За две недели до наступления рокового для русского крестьянства 1930-го года, Бахметев предвидел исключительно глубокую, беспощадную, а потому кровавую и затяжную борьбу между коммунистической властью и крестьянством. Кстати, в этом же письме он высказал весьма любопытное мнение о пятилетке, отличное от большинства эмигрантских аналитиков: Я совершенно не разделяю мнения, что пятилетка вообще невозможна; одинаково, и в силу тех же причин я не падаю в обморок от фактов, подтверждающих, что, по крайней мере, до настоящего времени пятилетка выполнялась с успехом и даже с опережением. Советы так же неправильно выдвигают успех пятилетки в качестве аргумента в свою пользу, как противники советов видят в ней оселок советского краха. С моей точки зрения постройка заводов, электрических станций и железных дорог вполне осуществимая задача для всякой власти, которая держит бразды правления в своих руках, власти, которая в состоянии поддерживать государственную дисциплину и выкачивать из страны теми или иными путями достаточно для своих предприятий средств. Постройка заводов и фабрик среди обнищалой России ничем не отличается, с моей точки зрения, от постройки еще более бедной Россией 18-го столетия исключительных по роскоши столичных зданий и пр. . . . Мне представляется, что нелепость пятилетки в самом существе, в ненужности и бесполезности такого строительства для страны, покупательная способность которой составляет одну треть или половину довоенной. Я всегда только с этой точки зрения говорю с американцами, приезжающими из России, которые рассказывают мне о чудесах, виденных там. Я этих чудес не отрицаю; наоборот, очень часто вспоминаю свой прошлый опыт и те заманчивые строительные планы, к которым Россия подошла вплотную перед самой войной. Часто также прибавляю, что самая возможность подобных кунстштюков несмотря на нелепость большевистской власти и самые невозможные условия государственного быта показывают какие силы и возможности таит в себе Россия как таковая.
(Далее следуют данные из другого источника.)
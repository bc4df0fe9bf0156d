-- ===== src/Security/Policy/Access.antt =====
-- What the access policies grant.
use tiny_mite.Crates.{Crates}
use tiny_mite.Security.Capability.{Capability, CapabilityToken, has, is_valid}
use tiny_mite.Security.Policy.{AccessPolicy, SecurityPolicy, is_satisfied_by, can_access}
use tiny_mite.Prelude.{
  ◌≡◌, refl, ◌↔◌, ◌⊎◌, inl, inr, true, false, String, some, List, [], ◌∷◌, arith, all, All, lookup,
  Option-cases, string_eq,
}

module _ (X : Crates) where
  -- The token holds every listed capability.
  abbrev pub HoldsAll : CapabilityToken X → List Capability → Type 0
  HoldsAll t = All (λ cap. has X t cap ≡ true)

  all-has_iff :
      (t : CapabilityToken X) (caps : List Capability)
      → (all (λ cap. has X t cap) caps ≡ true) ↔ HoldsAll t caps
  all-has_iff t [] = (λ _. tt, λ _. refl)
  all-has_iff t (cap ∷ caps) =
      (λ h. ground (arith, (all-has_iff t caps).0), λ h. ground (arith, (all-has_iff t caps).1 h.1))

  -- When a policy lets a token through.
  abbrev pub Satisfies : X.Time → AccessPolicy → CapabilityToken X → Type 0
  Satisfies now a t = (a.active ≡ false) ⊎ ((is_valid X now t ≡ true) × HoldsAll t a.required_caps)

  is_satisfied_by_iff :
      (now : X.Time) (a : AccessPolicy) (t : CapabilityToken X)
      → (is_satisfied_by X now a t ≡ true) ↔ Satisfies now a t
  unfolding is_satisfied_by
  is_satisfied_by_iff now a t = (
    λ h. ground (arith, (all-has_iff t a.required_caps).0),
    λ h. ground (arith, (all-has_iff t a.required_caps).1),
  )

  -- A resource is open to a token exactly if it has a policy that is inactive, or whose
  -- capabilities the token all holds while valid: no policy means no access.
  pub can_access_iff :
      (now : X.Time) (p : SecurityPolicy) (resource : String) (t : CapabilityToken X)
      → (can_access X now p resource t ≡ true)
        ↔ ((a : AccessPolicy) × (lookup resource p.policies ≡ some a) × Satisfies now a t)
  unfolding can_access
  can_access_iff now p resource t = elim (Option-cases (lookup resource p.policies)) [
    | inl e ↦ (λ h. ground arith, λ (a, f, s). ground arith)
    | inr (a, e) ↦ (
      λ h. (a, e, (is_satisfied_by_iff now a t).0 (rw (e, can_access) at h)),
      λ (b, f, s). rw (f, can_access) ((is_satisfied_by_iff now b t).1 s),
    )
  ]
Бахметев считал, что 1930-31 годы будут решающими для следующих десятилетий жизни России. Ему все более представлялось, что Россия идет к сельскохозяйственной катастрофе. Из чтения советской прессы и других источников он представил, что в процессе уничтожения кулачества не только уничтожается наиболее ценный человеческий элемент, т.е. наиболее индивидуальные и хозяйственные крестьяне, но равно разбазариваются материальные основы сельскохозяйственного производства, а именно мужицкий сельскохозяйственный инвентарь. В результате, - предрекал Бахметев, - будет ли это в 30-ом или 31-ом году. . . надо ожидать, что производственная анархия и голод проявятся в масштабе, перед которым 20-21 годы будут игрушкой. Предсказание, увы, оказалось точным, за исключением разве что того, что пик голода пришелся на 1933 год. Бахметев допускал возможность крушения власти, однако его пугала перспектива анархии и гибели немногочисленных культурных элементов страны, которая последует в результате.